Raw data from a log.
When I started working at Revo, they had a system that worked for them to get data off of their hardware, play it back (slowly), and get microphone levels for the system over a period of time. It worked well as a data gathering tool for their existing scope, and for looking at one system at a time. When it came to accessing the scan data later, or accessing support files, it was mostly done by manually parsing log files, thus limiting the impact the data could have. The data was generated by dumping out a live log system, so there were also data integrity issues and issues in tying different files together with common values to form more complex analysis.
To solve this issue, I was able to deliver custom tools to a client that showed them the data they wanted to see for their systems. I was able to use pieces of our new data collection, parsing and visualization system to quickly stitch together and then customize a tool to address any data in the system and get it in the hands of our users to address their issues.

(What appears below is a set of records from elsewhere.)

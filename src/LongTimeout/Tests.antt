-- ===== src/LongTimeout/Tests.antt =====
-- A delay that takes two timers, the first of which is late.
use perfect_ws.Base.{ℕ, ◌+◌, ◌≡◌, refl, none, some, [], ◌∷◌, arith, nat_beq, if◌then◌else◌}
use perfect_ws.LongTimeout.{
  max_timer_delay, is_finite_positive_timeout, timer_delay, schedule, set_long_timeout,
}
use perfect_ws.LongTimeout.Fires.{IsCalled, set_long_timeout-IsCalled}

computing : Unit {0}
unfolding is_finite_positive_timeout timer_delay schedule set_long_timeout
computing = tt

abbrev late : ℕ → ℕ
late i = if nat_beq i 0 then 7 else 0

two_timers :
    (set_long_timeout 3 late 100 (some 0x8000_0063) ≡ some (0x8000_00c7, 93 ∷ max_timer_delay ∷ []))
    × (set_long_timeout 3 late 100 none ≡ none)
unfolding computing
two_timers = (refl, refl)

set_long_timeout-IsCalled_example :
    IsCalled (100 + 0x8000_0063) (set_long_timeout 3 late 100 (some 0x8000_0063))
set_long_timeout-IsCalled_example =
    set_long_timeout-IsCalled 2 late 100 0x8000_0063 (omega arith) (omega arith)
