-- ===== src/PendingAborts/Bounds.antt =====
-- How many aborts wait.
use perfect_ws.Base.{
  length-keep_if, ℕ, ◌+◌, ◌≤◌, ◌≡◌, String, Bool, true, not, ◌&&◌, ◌||◌, List, [], ◌∷◌, arith,
  string_eq, keep_if,
}
use perfect_ws.JsMap.{get, delete, has, size}
use perfect_ws.JsMap.Laws.{size-set-le, size-delete-le}
use perfect_ws.PendingAborts.{
  PendingAbort, Config, Aborts, is_full, add_abort, take_abort, is_aged, clear_aborts, Event,
  aborts, begins, clears, step, run,
}

size-delete_present : (t : Aborts) (k : String) → has t k ≡ true → size (delete t k) + 1 ≤ size t
unfolding has get delete
size-delete_present [] k h = absurd (ground arith)
size-delete_present ((j, a) ∷ t) k h = ground (arith, size-delete_present t k, size-delete-le t k)

module _ (key : String → String → String) (c : Config) where
  step-size :
      (t : Aborts) (e : ℕ × Event key c)
      → size t ≤ c.max_total_pending_aborts
      → size (step key c t e) ≤ c.max_total_pending_aborts
  unfolding step add_abort is_full take_abort clear_aborts
  step-size t (now, aborts client request) h =
      let k = key client request in
      let a : PendingAbort = record { client_id = client; request_id = request; timestamp = now } in
      ground (arith, size-delete_present t k, size-delete-le t k, size-set-le (delete t k) k a)
  step-size t (now, begins client request) h = ground (arith, size-delete-le t (key client request))
  step-size t (now, clears known) h =
      let fresh : String × PendingAbort → Bool =
        λ p. not (is_aged key c now p.1 && not (known p.1.client_id p.1.request_id)) in
      let kept : String × PendingAbort → Bool =
        λ p. known p.1.client_id p.1.request_id || not (is_aged key c now p.1) in
      ground (arith, length-keep_if fresh t, length-keep_if kept (keep_if fresh t))

  -- However aborts come, requests begin and rounds of clean-up pass, at most
  -- `maxTotalPendingAborts` aborts wait if no more did at first.
  pub run-size :
      (t : Aborts) (es : List (ℕ × Event key c))
      → size t ≤ c.max_total_pending_aborts
      → size (run key c t es) ≤ c.max_total_pending_aborts
  unfolding run
  run-size t [] h = h
  run-size t (e ∷ es) h = run-size (step key c t e) es (step-size t e h)
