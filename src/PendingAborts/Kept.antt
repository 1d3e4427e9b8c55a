-- ===== src/PendingAborts/Kept.antt =====
-- An abort waits for its request.
use perfect_ws.Base.{
  ℕ, ◌+◌, ◌≤◌, ◌≡◌, ◌≢◌, refl, String, Bool, true, false, not, ◌&&◌, ◌||◌, some, List, [], ◌∷◌,
  arith, ◌==◌, string_eq, keep_if, All, Bool-cases, inl, inr, ◌∙◌,
}
use perfect_ws.JsMap.{get, delete}
use perfect_ws.JsMap.Laws.{get-set, get-set_self, get-delete, has_of_get}
use perfect_ws.PendingAborts.{
  PendingAbort, Config, Aborts, is_full, add_abort, take_abort, is_aged, clear_aborts, Event,
  aborts, begins, clears, step, run,
}

get-keep_if :
    (p : PendingAbort → Bool) (t : Aborts) (k : String) (a : PendingAbort)
    → p a ≡ true
    → get t k ≡ some a
    → get (keep_if (λ q. p q.1) t) k ≡ some a
unfolding get
get-keep_if p [] k a h g = g
get-keep_if p ((j, b) ∷ t) k a h g = ground (arith, get-keep_if p t k a h)

-- The abort waits under its key since the time or later.
pub record Waits (key : String → String → String) (client request : String) (since : ℕ) (t : Aborts)
    : Type 0 where
  pub abort : PendingAbort
  pub there : get t (key client request) ≡ some abort
  pub late : since ≤ abort.timestamp

module _ (key : String → String → String) (c : Config) where
  -- Events that leave the abort of a request alone: no start of that request, and no clean-up
  -- after its time.
  unfoldable pub Leaves : (client request : String) → ℕ → ℕ × Event key c → Type 0
  Leaves client request since (now, aborts d r) = since ≤ now
  Leaves client request since (now, begins d r) = key d r ≢ key client request
  Leaves client request since (now, clears known) = now ≤ since + c.pending_aborts_min_age

  not_aged :
      (now since : ℕ) (a : PendingAbort)
      → now ≤ since + c.pending_aborts_min_age
      → since ≤ a.timestamp
      → is_aged key c now a ≡ false
  unfolding is_aged
  not_aged now since a h l = ground arith

  added :
      (since : ℕ) (client request : String) (t : Aborts)
      → is_full key c client request t ≡ false
      → Waits key client request since (add_abort key c since client request t)
  unfolding add_abort
  added since client request t f =
      let k = key client request in
      let a : PendingAbort = record {
        client_id = client;
        request_id = request;
        timestamp = since;
      } in
      rw (f, add_abort)
        (record { abort = a; there = get-set_self (delete t k) k a; late = omega arith })

  add_abort-Waits :
      (now : ℕ) (d r client request : String) (since : ℕ) (t : Aborts)
      → since ≤ now
      → Waits key client request since t
      → Waits key client request since (add_abort key c now d r t)
  unfolding add_abort
  add_abort-Waits now d r client request since t h w =
      let k = key d r in
      let j = key client request in
      let a : PendingAbort = record { client_id = d; request_id = r; timestamp = now } in
      elim (Bool-cases (is_full key c d r t)) [
        | inl f ↦ rw (f, add_abort) w
        | inr f ↦ elim (Bool-cases (k == j)) [
          | inl e ↦
              rw (f, add_abort)
                (record { abort = a; there = get-set (delete t k) k j a ∙ rw e refl; late = h })
          | inr e ↦
              rw (f, add_abort)
                (record {
                  abort = w.abort;
                  there = get-set (delete t k) k j a ∙ rw e (get-delete t k j ∙ rw e w.there);
                  late = w.late;
                })
        ]
      ]

  take_abort-Waits :
      (d r client request : String) (since : ℕ) (t : Aborts)
      → key d r ≢ key client request
      → Waits key client request since t
      → Waits key client request since (take_abort key c d r t).1
  unfolding take_abort
  take_abort-Waits d r client request since t h w =
      let there : get (take_abort key c d r t).1 (key client request) ≡ some w.abort = ground (
        arith,
        h,
        w.there,
        get-delete t (key d r) (key client request),
        string_eq.same_iff (key d r) (key client request),
      ) in
      record { abort = w.abort; there = there; late = w.late }

  clear_aborts-Waits :
      (known : String → String → Bool) (now : ℕ) (client request : String) (since : ℕ) (t : Aborts)
      → now ≤ since + c.pending_aborts_min_age
      → Waits key client request since t
      → Waits key client request since (clear_aborts key c known now t)
  unfolding clear_aborts
  clear_aborts-Waits known now client request since t h w =
      let k = key client request in
      let fresh : PendingAbort → Bool =
        λ a. not (is_aged key c now a && not (known a.client_id a.request_id)) in
      let kept : PendingAbort → Bool =
        λ a. known a.client_id a.request_id || not (is_aged key c now a) in
      let young = not_aged now since w.abort h w.late in
      let first = get-keep_if fresh t k w.abort (ground (arith, young)) w.there in
      let second =
        get-keep_if kept (keep_if (λ p. fresh p.1) t) k w.abort (ground (arith, young)) first in
      record { abort = w.abort; there = ground (arith, first, second); late = w.late }

  run-Waits :
      (client request : String) (since : ℕ) (t : Aborts) (es : List (ℕ × Event key c))
      → All (Leaves client request since) es
      → Waits key client request since t
      → Waits key client request since (run key c t es)
  unfolding run step Leaves
  run-Waits client request since t [] h w = w
  run-Waits client request since t ((now, aborts d r) ∷ es) (h, hs) w =
      run-Waits client request since (step key c t (now, aborts d r)) es hs
        (add_abort-Waits now d r client request since t h w)
  run-Waits client request since t ((now, begins d r) ∷ es) (h, hs) w =
      run-Waits client request since (step key c t (now, begins d r)) es hs
        (take_abort-Waits d r client request since t h w)
  run-Waits client request since t ((now, clears known) ∷ es) (h, hs) w =
      run-Waits client request since (step key c t (now, clears known)) es hs
        (clear_aborts-Waits known now client request since t h w)

  -- An abort that comes while its table has room is not lost: whatever other aborts come later,
  -- whatever other requests begin, and whatever rounds of clean-up pass within
  -- `pendingAbortsMinAge`, its request is aborted when it begins.
  pub take_abort-add_abort :
      (client request : String) (since : ℕ) (t : Aborts) (es : List (ℕ × Event key c))
      → is_full key c client request t ≡ false
      → All (Leaves client request since) es
      → (take_abort key c client request (run key c (add_abort key c since client request t) es)).0
        ≡ true
  unfolding take_abort
  take_abort-add_abort client request since t es f hs =
      let w =
        run-Waits client request since (add_abort key c since client request t) es hs
          (added since client request t f) in
      rw (has_of_get _ (key client request) w.abort w.there) refl
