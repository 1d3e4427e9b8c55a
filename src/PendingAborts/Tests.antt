-- ===== src/PendingAborts/Tests.antt =====
-- Aborts of two clients, in a small table.
use perfect_ws.Base.{ℕ, ◌≡◌, ◌≢◌, refl, String, Bool, true, false, List, [], ◌∷◌, arith, string_eq}
use Prim.Native.String.{◌++◌}
use perfect_ws.JsMap.{get, set, delete, has}
use perfect_ws.PendingAborts.{
  Config, is_full, add_abort, take_abort, is_aged, clear_aborts, Event, aborts, begins, clears,
  step, run,
}
use perfect_ws.PendingAborts.Kept.{Leaves, take_abort-add_abort}

key : String → String → String
key client request = client ++ ("/" ++ request)

computing : Unit {0}
unfolding key get set delete has is_full add_abort take_abort is_aged clear_aborts step run Leaves
computing = tt

abbrev config : Config
config = record {
  max_pending_aborts = 2;
  max_total_pending_aborts = 3;
  pending_aborts_min_age = 10;
}

abbrev none_known : String → String → Bool
none_known client request = false

abbrev later : List (ℕ × Event key config)
later = (6, begins "b" "r") ∷ (7, aborts "b" "s") ∷ (12, clears none_known) ∷ []

-- The abort is lost once a round of clean-up comes too late.
cleared :
    (take_abort key config "a" "r"
      (run key config (add_abort key config 5 "a" "r" []) ((16, clears none_known) ∷ []))).0
    ≡ false
unfolding computing
cleared = refl

different_texts : key "b" "r" ≢ key "a" "r"
unfolding computing
different_texts h = ground (arith, (string_eq.same_iff (key "b" "r") (key "a" "r")).1 h)

take_abort-add_abort_example :
    (take_abort key config "a" "r" (run key config (add_abort key config 5 "a" "r" []) later)).0
    ≡ true
unfolding computing
take_abort-add_abort_example =
    take_abort-add_abort key config "a" "r" 5 [] later refl
      (different_texts, (omega arith, (omega arith, tt)))
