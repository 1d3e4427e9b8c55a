-- ===== src/PropertyPath.antt =====
-- src/PerfectWSAdvanced/transform/utils/getProperty.ts: property paths as text. A text is the list of
-- its UTF-16 code units. Symbols that have no registered key are never encoded, so that a key is
-- a text or the registered key of a symbol; the receiver's table of symbols and the objects that a
-- path is read in are parameters.
pub mod RoundTrip
pub mod Access
mod Tests
use perfect_ws.Base.{
  ℕ, ◌+◌, ◌-◌, ◌*◌, ◌/◌, ◌%◌, ◌^◌, ◌≤◌, ◌<◌, ◌≡◌, ◌∙◌, ◌≢◌, ◌↔◌, ◌⊎◌, Bool, true, false, not, ◌&&◌,
  ◌||◌, Option, none, some, List, [], ◌∷◌, ◌++◌, nat_beq, if◌then◌else◌, get_elem?,
  get_elem?-IsPrefix, ◌==◌, nat_eq, string_eq,
}

abbrev pub Text : Type 0
Text = List ℕ

pub data Key : Type 0 where
  name : Text → Key
  symbol : (registered : Text) → Key

abbrev pub backslash : ℕ
backslash = b'\\'

abbrev pub dot : ℕ
dot = b'.'

abbrev pub bang : ℕ
bang = b'!'

pub is_special : ℕ → Bool
is_special c = nat_beq c backslash || nat_beq c dot || nat_beq c bang

pub escape_segment : Text → Text
unfolding is_special
escape_segment [] = []
escape_segment (c ∷ cs) =
    if is_special c then backslash ∷ c ∷ escape_segment cs else c ∷ escape_segment cs

pub encode_path_key : Key → Text
encode_path_key (name k) = escape_segment k
encode_path_key (symbol k) = bang ∷ escape_segment k

-- The loop of `splitPath`; `pending` says that the last unit was a backslash not yet consumed.
pub split_from : (pending : Bool) → (current : Text) → Text → List Text
split_from true current [] = (current ++ backslash ∷ []) ∷ []
split_from false current [] = current ∷ []
split_from true current (c ∷ cs) = split_from false (current ++ backslash ∷ c ∷ []) cs
split_from false current (c ∷ cs) =
    let escaped = split_from true current cs in
    let closed = split_from false [] cs in
    let longer = split_from false (current ++ c ∷ []) cs in
    if nat_beq c backslash then escaped else if nat_beq c dot then current ∷ closed else longer

pub split_path : Text → List Text
unfolding split_from
split_path path = split_from false [] path

-- What `.` in the pattern of `decodePathKey` does not match.
pub is_line_terminator : ℕ → Bool
is_line_terminator c = nat_beq c 10 || nat_beq c 13 || nat_beq c 0x2028 || nat_beq c 0x2029

-- `replace(/\\(.)/g, '$1')`
pub unescape_from : (pending : Bool) → Text → Text
unescape_from true [] = backslash ∷ []
unescape_from false [] = []
unescape_from true (c ∷ cs) =
    let rest = unescape_from false cs in
    if is_line_terminator c then backslash ∷ c ∷ rest else c ∷ rest
unescape_from false (c ∷ cs) =
    let escaped = unescape_from true cs in
    let rest = unescape_from false cs in if nat_beq c backslash then escaped else c ∷ rest

pub unescape : Text → Text
unfolding unescape_from is_line_terminator
unescape segment = unescape_from false segment

-- The key that a segment stands for; `none` if it names a symbol that the receiver does not know.
pub decode_path_key : (Text → Option Text) → Text → Option Key
unfolding unescape
decode_path_key known [] = some (name [])
decode_path_key known (c ∷ cs) =
    if nat_beq c bang
    then elim (known (unescape cs)) [ none ↦ none | some s ↦ some (symbol s) ]
    else some (name (unescape (c ∷ cs)))

-- Segments joined by dots.
pub join : List Text → Text
join [] = []
join (s ∷ []) = s
join (s ∷ t ∷ ss) = s ++ dot ∷ join (t ∷ ss)

abbrev pub forbidden_keys : List Text
forbidden_keys =
    (b'_' ∷ b'_' ∷ b'p' ∷ b'r' ∷ b'o' ∷ b't' ∷ b'o' ∷ b'_' ∷ b'_' ∷ [])
    ∷ (b'p' ∷ b'r' ∷ b'o' ∷ b't' ∷ b'o' ∷ b't' ∷ b'y' ∷ b'p' ∷ b'e' ∷ [])
    ∷ (b'c' ∷ b'o' ∷ b'n' ∷ b's' ∷ b't' ∷ b'r' ∷ b'u' ∷ b'c' ∷ b't' ∷ b'o' ∷ b'r' ∷ [])
    ∷ []

unfoldable pub text_beq : Text → Text → Bool
text_beq [] [] = true
text_beq (a ∷ as') (b ∷ bs) = nat_beq a b && text_beq as' bs
text_beq _ _ = false

unfoldable pub contains_text : List Text → Text → Bool
unfolding text_beq
contains_text [] k = false
contains_text (t ∷ ts) k = text_beq t k || contains_text ts k

unfoldable pub is_forbidden_property_key : Key → Bool
unfolding contains_text
is_forbidden_property_key (name k) = contains_text forbidden_keys k
is_forbidden_property_key (symbol k) = false

module _ {V : Type 0} (is_object_like : V → Bool) (has_own : V → Key → Bool)
    (read : V → Key → Option V) (known : Text → Option Text) where
  -- One round of the loop of `getProperty`. `read v k` is `v[k]`, which an object may inherit, and
  -- `none` stands for `undefined`.
  pub get_step : V → Text → Option V
  unfolding decode_path_key is_forbidden_property_key
  get_step current segment =
      if not (is_object_like current) then none else elim (decode_path_key known segment) [
        | none ↦ none
        | some k ↦
            if is_forbidden_property_key k
            then none
            else if not (has_own current k)
            then none
            else read current k
      ]

  pub get_segments : V → List Text → Option V
  get_segments current [] = some current
  get_segments current (s ∷ ss) = elim (get_step current s) [
    | none ↦ none
    | some v ↦ get_segments v ss
  ]

  pub get_property : V → Text → Option V
  unfolding get_step get_segments split_path
  get_property object path = get_segments object (split_path path)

The first step was to parse the files coming from the scan tool and the support files (below images) into something more easily used in real time. After running scans overnight, or a series of scans on different machines, it was easy to have a handful of files that needed to be analyzed. The first tool I created pulled out the important information from these files into an easily parsed csv file.
sample support file
sample scan file
scan zips from a test
one scan’s parsedData folder
UI for parsing and filtering scan files to find pertinent data
Using PyQt I put together a simple UI in order to make this process more accessible. This also gave users the chance to look at all of the files they needed to analyze at once. Working with a team to decide which were the most important factors, I expanded these filters to what you see above, making it straight forward to understand system status at a glance.
There’s 204 data points for each system’s configuration in the bottom window, all filterable to make it easy to find only systems that match what we were looking for. In short order I had helped make the data vastly more accessible and actionable. We got the tool into people’s hands, and worked out the nest sprint to keep this project agile.
The final step here was to visualize the information. We already had the mic’s audio level, but by combining it with the mic and band errors we were able to give our testers and developers a much better understanding of what the systems were doing and the cause and effect relationships going on.
After our initial success and the benefit we were able to see from better using the data, we started looking for more opportunities. While I worked to adapt the system to read bug report data, another team member was able to dramatically improve and expand the data collection tool. Shortly thereafter, we were tasked to diagnose a bug in our hardware using better data collection, parsing, and visualization.
With this method we were able to not only diagnose that issue, but found other contributing issues, documented, charted, and passed the information on to the team to correct them. Revolabs now has a much more data driven approach that will be carried forward for future projects at the company.
Adaptations to system for support files with battery focus for specific client use
My final accomplishment at Revo was helping to set up quality data sources, formats, access points and outputs for data coming from Revolab’s latest piece of hardware. With everything we learned upgrading data systems mid stream, we wanted the next piece of hardware to have a firm foundation of data collection, availability, analytical tools and visualization from the beginning.
It was a rewarding experience to go from being asked to fix a data problem, to seeing the people around me embrace the benefits of my solution for the data problem.
Unlike a lot of my other work, this was very utilitarian, building quick solutions and layering from there to produce the larger system. My initial python scripts simply cleaned up the data, getting it into organized csv files so at least the manual parsing could be done in one place instead of, for example, checking eight different mic files.
When QT was added to give the system a straightforward interface, making it easier to access files on the network and displaying the data within filterable tables, we could see even more possibilities. Charting was handled by Bokeh at first, which worked well for our internal work, but MatPlotLib was used eventually in order to be able to create stable .exe to send out.